Я беру персонаж хорошо мне известный; я оставляю ему все привычки, приобретенные им в каждодневной охоте за счастьем; затем я придаю ему больше ума. Я никогда не видел г-жу Бельджойозо. Расси был немец, я разговаривал с ним двести раз. Я познакомился с князем во время своего пребывания в Сен-Клу в 1810 — 1811 г.

Уф! Надеюсь, что вы будете читать это послание в два приема. Вы говорите, Сударь, что не знаете английского языка; в Париже вы можете познакомиться с буржуазным стилем Вальтер Скотта в тяжеловесной прозе г. М. Д., редактора „Débats“ Проза Вальтер Скотта неизящна, а главное — претенциозна. Он похож на карлика, который боится потерять хоть одам дюйм своего роста.
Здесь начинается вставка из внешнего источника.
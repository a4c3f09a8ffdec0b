-- ===== src/Amf0/Keys.antt =====
-- Amf0ObjectProperty as a dictionary.
use drone_server.Amf0.{
  Pointer, Properties, erase_key, has_key, no_properties, null_pointer, property, push_property,
  put, value_at,
}
use drone_server.Prelude.{Bool-cases, ap, arith, false, if◌then◌else◌, inl, inr, refl, ◌||◌, ◌≡◌}
use drone_server.Prelude.Bytes.{Bytes, bytes_eq, bytes_eq_refl, bytes_eq→eq}

-- Keys are pairwise different.
abbrev pub HasDistinctKeys : Properties → Type 0
HasDistinctKeys no_properties = Unit {0}
HasDistinctKeys (property k v ps) = (has_key k ps ≡ false) × HasDistinctKeys ps

abbrev pub append_properties : Properties → Properties → Properties
append_properties no_properties qs = qs
append_properties (property k v ps) qs = property k v (append_properties ps qs)

pub push_property_lem :
    (ps : Properties) (k : Bytes) (v : Pointer)
    → push_property ps k v ≡ append_properties ps (property k v no_properties)
unfolding push_property
push_property_lem no_properties k v = refl
push_property_lem (property j w ps) k v = ap (property j w) (push_property_lem ps k v)

pub append_properties_assoc :
    (ps qs rs : Properties)
    → append_properties (append_properties ps qs) rs
      ≡ append_properties ps (append_properties qs rs)
append_properties_assoc no_properties qs rs = refl
append_properties_assoc (property k v ps) qs rs =
    ap (property k v) (append_properties_assoc ps qs rs)

pub append_properties-nil : (ps : Properties) → append_properties ps no_properties ≡ ps
append_properties-nil no_properties = refl
append_properties-nil (property k v ps) = ap (property k v) (append_properties-nil ps)

pub has_key-append :
    (key : Bytes) (ps qs : Properties)
    → has_key key (append_properties ps qs) ≡ (has_key key ps || has_key key qs)
unfolding has_key
has_key-append key no_properties qs = refl
has_key-append key (property k v ps) qs = ground (arith, has_key-append key ps qs)

-- A key that is not there is put at the end.
pub put_new :
    (k : Bytes) (v : Pointer) (ps : Properties)
    → has_key k ps ≡ false
    → put k v ps ≡ append_properties ps (property k v no_properties)
unfolding put
put_new k v ps h = rw h (push_property_lem ps k v)

has_key-push :
    (key k : Bytes) (v : Pointer) (ps : Properties)
    → has_key key (push_property ps k v) ≡ (has_key key ps || bytes_eq k key)
unfolding has_key push_property
has_key-push key k v no_properties = ground arith
has_key-push key k v (property j w ps) = ground (arith, has_key-push key k v ps)

has_key-erase_other :
    (key k : Bytes) (ps : Properties)
    → bytes_eq k key ≡ false
    → has_key key (erase_key k ps) ≡ has_key key ps
unfolding has_key erase_key
has_key-erase_other key k no_properties h = refl
has_key-erase_other key k (property j w ps) h =
    ground (arith, has_key-erase_other key k ps h, bytes_eq→eq j k)

value_at-push :
    (key k : Bytes) (v : Pointer) (ps : Properties)
    → value_at key (push_property ps k v)
      ≡ (if has_key key ps then value_at key ps else if bytes_eq k key then v else null_pointer)
unfolding has_key push_property value_at
value_at-push key k v no_properties = refl
value_at-push key k v (property j w ps) = ground (arith, value_at-push key k v ps)

value_at-erase_other :
    (key k : Bytes) (ps : Properties)
    → bytes_eq k key ≡ false
    → value_at key (erase_key k ps) ≡ value_at key ps
unfolding value_at erase_key
value_at-erase_other key k no_properties h = refl
value_at-erase_other key k (property j w ps) h =
    ground (arith, value_at-erase_other key k ps h, bytes_eq→eq j k)

value_at_missing :
    (key : Bytes) (ps : Properties) → has_key key ps ≡ false → value_at key ps ≡ null_pointer
unfolding has_key value_at
value_at_missing key no_properties h = refl
value_at_missing key (property k v ps) h = ground (arith, value_at_missing key ps)

has_key-erase_self :
    (k : Bytes) (ps : Properties) → HasDistinctKeys ps → has_key k (erase_key k ps) ≡ false
unfolding has_key erase_key
has_key-erase_self k no_properties d = refl
has_key-erase_self k (property j w ps) d =
    ground (arith, has_key-erase_self k ps d.1, bytes_eq→eq j k)

-- erasing keeps the other keys absent, too
has_key-erase_le :
    (key k : Bytes) (ps : Properties)
    → has_key key ps ≡ false
    → has_key key (erase_key k ps) ≡ false
unfolding has_key erase_key
has_key-erase_le key k no_properties h = refl
has_key-erase_le key k (property j w ps) h = ground (arith, has_key-erase_le key k ps)

erase_key-HasDistinctKeys :
    (k : Bytes) (ps : Properties) → HasDistinctKeys ps → HasDistinctKeys (erase_key k ps)
unfolding erase_key
erase_key-HasDistinctKeys k no_properties d = tt
erase_key-HasDistinctKeys k (property j w ps) d =
    ground (arith, erase_key-HasDistinctKeys k ps d.1, has_key-erase_le j k ps d.0)

push_property-HasDistinctKeys :
    (k : Bytes) (v : Pointer) (ps : Properties)
    → has_key k ps ≡ false
    → HasDistinctKeys ps
    → HasDistinctKeys (push_property ps k v)
unfolding push_property has_key
push_property-HasDistinctKeys k v no_properties h d = (refl, tt)
push_property-HasDistinctKeys k v (property j w ps) h d = (
  rw (has_key-push j k v ps) (ground (arith, bytes_eq→eq k j, bytes_eq_refl k)),
  push_property-HasDistinctKeys k v ps (ground arith) d.1,
)

-- The properties without the key.
abbrev without : Bytes → Properties → Properties
without k ps = if has_key k ps then erase_key k ps else ps

has_key-without :
    (k : Bytes) (ps : Properties) → HasDistinctKeys ps → has_key k (without k ps) ≡ false
has_key-without k ps d = ground (arith, has_key-erase_self k ps d)

without-HasDistinctKeys :
    (k : Bytes) (ps : Properties) → HasDistinctKeys ps → HasDistinctKeys (without k ps)
without-HasDistinctKeys k ps d = elim (Bool-cases (has_key k ps)) [
  | inl e ↦ rw e (erase_key-HasDistinctKeys k ps d)
  | inr e ↦ rw e d
]

value_at-without_other :
    (key k : Bytes) (ps : Properties)
    → bytes_eq k key ≡ false
    → value_at key (without k ps) ≡ value_at key ps
value_at-without_other key k ps h = ground (arith, value_at-erase_other key k ps h)

value_at-put :
    (key k : Bytes) (v : Pointer) (ps : Properties)
    → HasDistinctKeys ps
    → value_at key (push_property (without k ps) k v)
      ≡ (if bytes_eq k key then v else value_at key ps)
value_at-put key k v ps d = elim (Bool-cases (bytes_eq k key)) [
  | inl same ↦
      rw (← bytes_eq→eq k key same)
        (rw (value_at-push k k v (without k ps), has_key-without k ps d, bytes_eq_refl k))
  | inr other ↦
      rw (value_at-push key k v (without k ps), other)
        (ground (arith, value_at-without_other key k ps other, value_at_missing key (without k ps)))
]

-- From properties with distinct keys, `put` makes properties with distinct keys in which the key has
-- the new value and every other key has the value that it had.
pub put_lem :
    (k : Bytes) (v : Pointer) (ps : Properties)
    → HasDistinctKeys ps
    → HasDistinctKeys (put k v ps)
      × ((key : Bytes)
          → value_at key (put k v ps) ≡ (if bytes_eq k key then v else value_at key ps))
unfolding put
put_lem k v ps d = (
  push_property-HasDistinctKeys k v (without k ps) (has_key-without k ps d)
      (without-HasDistinctKeys k ps d),
  λ key. value_at-put key k v ps d,
)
Вашу изумительную статью, статью, какой никогда еще ни один писатель не получал от другого, я читал, — теперь я осмелюсь в этом сознаться, — непрестанно разражаясь хохотом. Всякий раз, как мне попадалась слишком сильная похвала, — а такие встречаются на каждой странице, — я представлял себе, какую мину скорчат, прочтя это, мои друзья.

Я пишу так плохо, когда пишу умному человеку, мои мысли возникают так стремительно, что я решил переписать свое письмо[12].


  1. Роман м-м де Лафайетт. ↩︎

  2. Роман Бернардена де Сен-Пьер. ↩︎

  3. Роман Фанелона. ↩︎

  4. Французкий романист и драматург (1800-1847). ↩︎

  5. Итальянский художник (1596-1669). ↩︎

  6. Французская писательница (1773-1807). ↩︎

  7. Вильмен. ↩︎

  8. Жорж Санд. ↩︎

  9. Шатобриан. ↩︎

  10. Французский поэт, неоднократно получавший премии на академических конкурсах (1795-1861). ↩︎

  11. Французский писатель (1598-1648), мастер апистолярного стиля, один из родоначальников прозы XVIII века. ↩︎

  12. Письмо Анри Бейля взято из французского издания Пармского монастыря (1853). Этот вариант отличается от окончательного текста большей резкостью и ясностью возражений Бальзаку. Поэтому мы остановились на нем, хотя некоторые исследователи считают его компиляцией, сделанной Коломбом.